> **WORK REQUEST**
Restate word for word the entries below, starting with the line with "bind-TakesSome n (ok" and continuing through the line with "(input : Input S) (s : Istream S)". Include both of those lines and no others.

> **SUPPLIED DATA**
▬▬▬▬▬▬
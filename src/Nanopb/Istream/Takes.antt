-- ===== src/Nanopb/Istream/Takes.antt =====
-- The functions of pb_decode.c on an input stream never add to `bytes_left`, and a tag takes a byte.
use social_timeline.Common.{ℕ, zero, suc, ◌-◌, ◌/◌, ◌≤◌, ◌<◌, arith}
use social_timeline.Common.{true, false, List, [], ◌∷◌, ltb, ◌==◌, Bool-cases, inl, inr}
use native.Mathlib.Nat.{le_refl}
use social_timeline.Nanopb.Outcome.{Errmsg, Outcome, ok, fail, Run, bind, left, ◌>>=◌}
use social_timeline.Nanopb.Outcome.Takes.{Takes, takes, at_most, Takes-bind, Takes-test, Takes-pure}
use social_timeline.Nanopb.Istream
use social_timeline.Nanopb.Istream.{
  Istream, Input, buffer, custom, ReadResult, read_ok, read_fail, first_byte, after_read, call_read,
  pb_read, skip_chunks, skip_input, pb_skip, pb_readbyte,
}

abbrev pub bytes_left : {S : Type 0} → Istream S → ℕ
bytes_left s = s.bytes_left

module _ {S : Type 0} where
  pub return_error-Takes :
      {A : Type 0} (msg : Errmsg) → Takes {A = A} (bytes_left {S = S}) (Istream.return_error msg)
  unfolding Istream.return_error
  return_error-Takes msg = takes λ s. le_refl s.bytes_left

  after_read-at_most :
      (f : S → ℕ → ReadResult S) (count : ℕ) (s : Istream S) (r : ReadResult S)
      → bytes_left (left (after_read f count s r)) ≤ s.bytes_left
  unfolding after_read Istream.return_error
  after_read-at_most f count s (read_ok bytes state) = omega arith
  after_read-at_most f count s (read_fail true state) = omega arith
  after_read-at_most f count s (read_fail false state) = omega arith

  call_read-Takes :
      (input : Input S) (count : ℕ) → Takes (bytes_left {S = S}) (call_read input count)
  unfolding call_read
  call_read-Takes (buffer rest) count = takes λ s. omega arith
  call_read-Takes (custom f state) count = takes λ s. after_read-at_most f count s (f state count)

  pub pb_read-Takes : (count : ℕ) → Takes (bytes_left {S = S}) (pb_read count)
  unfolding pb_read
  pb_read-Takes count =
      Takes-test (λ s. ltb s.bytes_left count) (Istream.return_error Errmsg.end_of_stream)
        (λ s. call_read s.input count s) (return_error-Takes Errmsg.end_of_stream)
        (takes λ s. at_most (call_read-Takes s.input count) s)

  skip_chunks-Takes : (rounds count : ℕ) → Takes (bytes_left {S = S}) (skip_chunks rounds count)
  unfolding skip_chunks
  skip_chunks-Takes zero count = pb_read-Takes count
  skip_chunks-Takes (suc rounds) count =
      Takes-bind (pb_read-Takes 16) (λ _. skip_chunks-Takes rounds (count - 16))

  skip_input-Takes :
      (input : Input S) (count : ℕ) → Takes (bytes_left {S = S}) (skip_input input count)
  unfolding skip_input
  skip_input-Takes (buffer rest) count = pb_read-Takes count
  skip_input-Takes (custom f state) count = skip_chunks-Takes ((count - 1) / 16) count

  pub pb_skip-Takes : (count : ℕ) → Takes (bytes_left {S = S}) (pb_skip count)
  unfolding pb_skip
  pb_skip-Takes count = takes λ s. at_most (skip_input-Takes s.input count) s

  pub first_byte-Takes : (bytes : List ℕ) → Takes (bytes_left {S = S}) (first_byte bytes)
  first_byte-Takes [] = return_error-Takes Errmsg.io_error
  first_byte-Takes (b ∷ bytes) = Takes-pure b

  pub pb_readbyte-Takes : Takes (bytes_left {S = S}) pb_readbyte
  unfolding pb_readbyte
  pb_readbyte-Takes =
      Takes-test (λ s. s.bytes_left == 0) (Istream.return_error Errmsg.end_of_stream)
        (λ s. (call_read s.input 1 >>= first_byte) s) (return_error-Takes Errmsg.end_of_stream)
        (takes λ s. at_most (Takes-bind (call_read-Takes s.input 1) first_byte-Takes) s)

  -- A success has taken from the `n` bytes there were.
  abbrev pub TakesSome : {A : Type 0} → ℕ → Outcome (Istream S) A → Type 0
  TakesSome n (ok a s) = s.bytes_left < n
  TakesSome n (fail s) = Unit {0}

  pub lt-TakesSome :
      {A : Type 0} (n : ℕ) (o : Outcome (Istream S) A) → bytes_left (left o) < n → TakesSome n o
  lt-TakesSome n (ok a s) h = h
  lt-TakesSome n (fail s) h = tt

  bind-TakesSome :
      {A B : Type 0} (n : ℕ) (o : Outcome (Istream S) A) (k : A → Run (Istream S) B)
      → TakesSome n o
      → ((a : A) → Takes (bytes_left {S = S}) (k a))
      → TakesSome n (bind o k)
  bind-TakesSome n (ok a s) k h each = lt-TakesSome n (k a s) (lt (at_most (each a) s) h)
    where
      lt : {a b c : ℕ} → a ≤ b → b < c → a < c
      lt h h' = omega arith
  bind-TakesSome n (fail s) k h each = tt

  after_read-TakesSome :
      (f : S → ℕ → ReadResult S) (s : Istream S) (r : ReadResult S)
      → 0 < s.bytes_left
      → TakesSome s.bytes_left (after_read f 1 s r)
  unfolding after_read Istream.return_error
  after_read-TakesSome f s (read_ok bytes state) h = omega arith
  after_read-TakesSome f s (read_fail at_end state) h = tt

  call_read-TakesSome :
      (input : Input S) (s : Istream S)
      → 0 < s.bytes_left
      → TakesSome s.bytes_left (call_read input 1 s)
  unfolding call_read
  call_read-TakesSome (buffer rest) s h = omega arith
  call_read-TakesSome (custom f state) s h = after_read-TakesSome f s (f state 1) h

  pub pb_readbyte-TakesSome : (s : Istream S) → TakesSome s.bytes_left (pb_readbyte s)
  unfolding pb_readbyte Istream.return_error
  pb_readbyte-TakesSome s = elim (Bool-cases (s.bytes_left == 0)) [
    | inl none_left ↦ rw none_left tt
    | inr some_left ↦ rw some_left (
        bind-TakesSome s.bytes_left (call_read s.input 1 s) first_byte
          (call_read-TakesSome s.input s (ground arith)) first_byte-Takes)
  ]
▬▬▬▬▬▬
> **RESULT FOR THIS EXERCISE**
  bind-TakesSome n (ok a s) k h each = lt-TakesSome n (k a s) (lt (at_most (each a) s) h)
    where
      lt : {a b c : ℕ} → a ≤ b → b < c → a < c
      lt h h' = omega arith
  bind-TakesSome n (fail s) k h each = tt

  after_read-TakesSome :
      (f : S → ℕ → ReadResult S) (s : Istream S) (r : ReadResult S)
      → 0 < s.bytes_left
      → TakesSome s.bytes_left (after_read f 1 s r)
  unfolding after_read Istream.return_error
  after_read-TakesSome f s (read_ok bytes state) h = omega arith
  after_read-TakesSome f s (read_fail at_end state) h = tt

  call_read-TakesSome :
      (input : Input S) (s : Istream S)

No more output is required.